Innovation
Developing and building on several technologies to enable more capable, reliable, and safe autonomous flights in congested urban areas and other severe geographical environments, all hosted on Asymmetric’s IronClad SecureFlight Controller as the central, secure hub hosting.
Background
Certain emerging autonomous/unmanned aerial system (UAS) mission capabilities offer great promise for increasing soldier safety and mission effectiveness. These specific UAS mission types include casualty evacuation and medical evacuation (CASEVAC and MEDEVAC) and resupply tasks (on-demand medical supplies, ammunition, food, etc.). Using autonomous airborne platforms for these missions is especially important in congested urban environments where it may be difficult to accomplish the tasks with ground-based assets. However, flights (especially autonomous flights) in these urban environments are notoriously difficult and unreliable for several reasons:
- Closely grouped buildings and structures cause unpredictable and severe wind turbulence, which can cause unstable flights, landings and takeoffs, flight path deviations, or crashes.
- These same buildings and structures reflect and block GPS signals, making reliable GPS navigation almost impossible in urban canyons (and naturally occurring canyons).
- Additionally, close-in collision avoidance technologies typically require heavy, power-hungry and computationally intensive sensor systems, which reduces flight times and payload capacities.

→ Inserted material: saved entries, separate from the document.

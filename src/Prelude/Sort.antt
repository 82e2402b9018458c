-- ===== src/Prelude/Sort.antt =====
-- A stable sort by a comparator, as `sort.SliceStable` and `sort.Strings` give.
use Prim.Native.Nat.{suc}
use mathlib.Core.Path.{◌≡◌, refl, sym, ap, ◌∙◌}
use mathlib.Core.Logic.{◌⊎◌, inl, inr}
use mathlib.Core.Bool.{Bool, true, false}
use mathlib.Core.List.{List, [], ◌∷◌, Perm}
use mathlib.Core.List.Perm
use sloff.Prelude.Tests.{if◌then◌else◌, Bool-cases}
use sloff.Prelude.Lists.{length, In, NoDup, All, All-In, All-of_In}

module _ {A : Type 0} (less : A → A → Bool) where
  -- `x` stands before the elements that are not below it, equal ones among them.
  unfoldable pub place : A → List A → List A
  place x [] = x ∷ []
  place x (y ∷ ys) = let rest = place x ys in if less y x then y ∷ rest else x ∷ y ∷ ys

  unfoldable pub sort : List A → List A
  unfolding place
  sort [] = []
  sort (x ∷ xs) = place x (sort xs)

  pub place-perm : (x : A) (ys : List A) → Perm (place x ys) (x ∷ ys)
  unfolding place
  place-perm x [] = Perm.refl (x ∷ [])
  place-perm x (y ∷ ys) = elim (Bool-cases (less y x)) [
    | inl t ↦ rw t (Perm.trans (Perm.cons y (place-perm x ys)) (Perm.swap x y ys))
    | inr f ↦ rw f (Perm.refl (x ∷ y ∷ ys))
  ]

  pub sort-perm : (xs : List A) → Perm (sort xs) xs
  unfolding sort
  sort-perm [] = Perm.refl []
  sort-perm (x ∷ xs) = Perm.trans (place-perm x (sort xs)) (Perm.cons x (sort-perm xs))

  length-place : (x : A) (ys : List A) → length (place x ys) ≡ suc (length ys)
  unfolding place
  length-place x [] = refl
  length-place x (y ∷ ys) = elim (Bool-cases (less y x)) [
    | inl t ↦ rw t (ap suc (length-place x ys))
    | inr f ↦ rw f
  ]

  pub length-sort : (xs : List A) → length (sort xs) ≡ length xs
  unfolding sort
  length-sort [] = refl
  length-sort (x ∷ xs) = length-place x (sort xs) ∙ ap suc (length-sort xs)

  In-place : (a x : A) (ys : List A) → In a (place x ys) → (a ≡ x) ⊎ In a ys
  unfolding place
  In-place a x [] m = m
  In-place a x (y ∷ ys) m = elim (Bool-cases (less y x)) [
    | inl t ↦ elim (rw t at m) [
      | inl e ↦ inr (inl e)
      | inr later ↦ elim (In-place a x ys later) [ inl e ↦ inl e | inr i ↦ inr (inr i) ]
    ]
    | inr f ↦ rw f at m
  ]

  In-place_of : (a x : A) (ys : List A) → (a ≡ x) ⊎ In a ys → In a (place x ys)
  unfolding place
  In-place_of a x [] m = m
  In-place_of a x (y ∷ ys) m = elim (Bool-cases (less y x)) [
    | inl t ↦ rw t (elim m [
      | inl e ↦ inr (In-place_of a x ys (inl e))
      | inr (inl e) ↦ inl e
      | inr (inr i) ↦ inr (In-place_of a x ys (inr i))
    ])
    | inr f ↦ rw f m
  ]

  pub In-sort : (a : A) (xs : List A) → In a (sort xs) → In a xs
  unfolding sort
  In-sort a [] m = m
  In-sort a (x ∷ xs) m = elim (In-place a x (sort xs) m) [
    | inl e ↦ inl e
    | inr i ↦ inr (In-sort a xs i)
  ]

  pub In-sort_of : (a : A) (xs : List A) → In a xs → In a (sort xs)
  unfolding sort
  In-sort_of a [] m = m
  In-sort_of a (x ∷ xs) (inl e) = In-place_of a x (sort xs) (inl e)
  In-sort_of a (x ∷ xs) (inr i) = In-place_of a x (sort xs) (inr (In-sort_of a xs i))

  NoDup-place : (x : A) (ys : List A) → ¬ In x ys → NoDup ys → NoDup (place x ys)
  unfolding place
  NoDup-place x [] n d = (λ m. m, tt)
  NoDup-place x (y ∷ ys) n d = elim (Bool-cases (less y x)) [
    | inl t ↦ rw t (
      λ m. elim (In-place y x ys m) [ inl e ↦ n (inl (sym e)) | inr i ↦ d.0 i ],
      NoDup-place x ys (λ m. n (inr m)) d.1,
    )
    | inr f ↦ rw f (n, d)
  ]

  pub NoDup-sort : (xs : List A) → NoDup xs → NoDup (sort xs)
  unfolding sort
  NoDup-sort [] d = tt
  NoDup-sort (x ∷ xs) d = NoDup-place x (sort xs) (λ m. d.0 (In-sort x xs m)) (NoDup-sort xs d.1)

  -- Nothing stands behind an element that it should stand before.
  abbrev pub IsSorted : List A → Type 0
  IsSorted [] = Unit
  IsSorted (x ∷ xs) = All (λ y. less y x ≡ false) xs × IsSorted xs

  -- A sorted list stays as it is.
  pub sort_sorted : (xs : List A) → IsSorted xs → sort xs ≡ xs
  unfolding sort place
  sort_sorted [] s = refl
  sort_sorted (x ∷ xs) (first, s) = ap (place x) (sort_sorted xs s) ∙ in_front xs first
    where
      in_front : (ys : List A) → All (λ y. less y x ≡ false) ys → place x ys ≡ x ∷ ys
      in_front [] h = refl
      in_front (y ∷ ys) h = rw (h.0) refl

  module _ (asym : (x y : A) → less x y ≡ true → less y x ≡ false)
      (trans : (x y z : A) → less y x ≡ false → less z y ≡ false → less z x ≡ false) where
    place-IsSorted : (x : A) (ys : List A) → IsSorted ys → IsSorted (place x ys)
    unfolding place
    place-IsSorted x [] s = (tt, tt)
    place-IsSorted x (y ∷ ys) s = elim (Bool-cases (less y x)) [
      | inl t ↦ rw t (
        All-of_In (λ z. less z y ≡ false) (place x ys)
            λ a m. elim (In-place a x ys m) [
              | inl e ↦ rw e (asym y x t)
              | inr i ↦ All-In (λ z. less z y ≡ false) a ys s.0 i
            ],
        place-IsSorted x ys s.1,
      )
      | inr f ↦ rw f (
        (
          f,
          All-of_In (λ z. less z x ≡ false) ys
              λ a m. trans x y a f (All-In (λ z. less z y ≡ false) a ys s.0 m),
        ),
        s,
      )
    ]

    pub sort-IsSorted : (xs : List A) → IsSorted (sort xs)
    unfolding sort
    sort-IsSorted [] = tt
    sort-IsSorted (x ∷ xs) = place-IsSorted x (sort xs) (sort-IsSorted xs)

  module _ (connex : (x y : A) → less x y ≡ false → less y x ≡ false → x ≡ y) where
    -- A sorted list without duplicates is told by its elements.
    pub sorted_unique :
        (xs ys : List A)
        → IsSorted xs
        → IsSorted ys
        → NoDup xs
        → NoDup ys
        → ((a : A) → In a xs → In a ys)
        → ((a : A) → In a ys → In a xs)
        → xs ≡ ys
    sorted_unique [] [] s t d e f g = refl
    sorted_unique [] (y ∷ ys) s t d e f g = absurd (g y (inl refl))
    sorted_unique (x ∷ xs) [] s t d e f g = absurd (f x (inl refl))
    sorted_unique (x ∷ xs) (y ∷ ys) s t d e f g =
        rw
          (
            heads,
            sorted_unique xs ys s.1 t.1 d.1 e.1 (λ a m. onward a m (f a (inr m)))
                (λ a m. back a m (g a (inr m))),
          )
          refl
      where
        heads : x ≡ y
        heads = elim (f x (inl refl)) [
          | inl same ↦ same
          | inr later ↦ elim (g y (inl refl)) [
            | inl same ↦ sym same
            | inr behind ↦
                connex x y (All-In (λ z. less z y ≡ false) x ys t.0 later)
                  (All-In (λ z. less z x ≡ false) y xs s.0 behind)
          ]
        ]

        onward : (a : A) → In a xs → In a (y ∷ ys) → In a ys
        onward a m (inl same) = absurd (d.0 (rw (heads ∙ sym same) m))
        onward a m (inr later) = later

        back : (a : A) → In a ys → In a (x ∷ xs) → In a xs
        back a m (inl same) = absurd (e.0 (rw (sym heads ∙ sym same) m))
        back a m (inr later) = later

Asymmetric Technologies, in partnership with The Ohio State University’s Aerospace Research Center, Ohio University Avionics Engineering Center, and Lockheed Martin Procerus(LM Procerus) proposes Autonomous Capabilities for CASEVAC and Resupply in Urban Environments (ACCRUE), which are several technologies to enable safer, more capable, and more reliable autonomous flights in congested urban areas and other severe geographical environments. The ACCRUE capabilities directly address AOIs #1 and #3 in the OFRN SOARING Round 5 announcement and this effort has support and sponsorship from the Air Force Research Laboratory’s (AFRL’s) Aerospace Directorate and the Air Force Special Warfare Branch.
All ACCRUE technologies will use Asymmetric’s proven IronClad Secure Flight Controller as the central, secure flight control solution and computing hub.
The Ohio State University’s Aerospace Research Center will transition advanced capabilities for wind turbulence measurement, mapping and mitigation.
Ohio University will lead the integration of anon-GPS-based navigation and collision-avoidance solution for urban and other congested environments.
LM RMS Indago quadcopters act as “Sentries” that provide precise positional data to the larger UAS as it enters the urban can yon or other areas with geological or man-made occlusions.
Close-in collision avoidance for the CASEVAC/resupply UAS is accomplished using a unique hybrid LiDAR + camera system (developed at Ohio University) that provides feedback directly to path planning modules on the Iron Clad SFC.
Commercial Goal
A project-concluding demonstration will involve scaled-down, simulated urban canyons complete with wind gusts and GPS occlusions to showcase the ACCRUE technologies. This same high-functioning team was awarded a grant under OFRN SOARING Round 4, and before completion of that project we have already leveraged the technologies developed into $3 million in awarded follow-on federal funding for the State of Ohio with another $4 million in likely-to-be awarded outstanding proposals. For Round 5, the team estimates $11 million in follow-on federal funding and the creation of 28 jobs in the State of Ohio.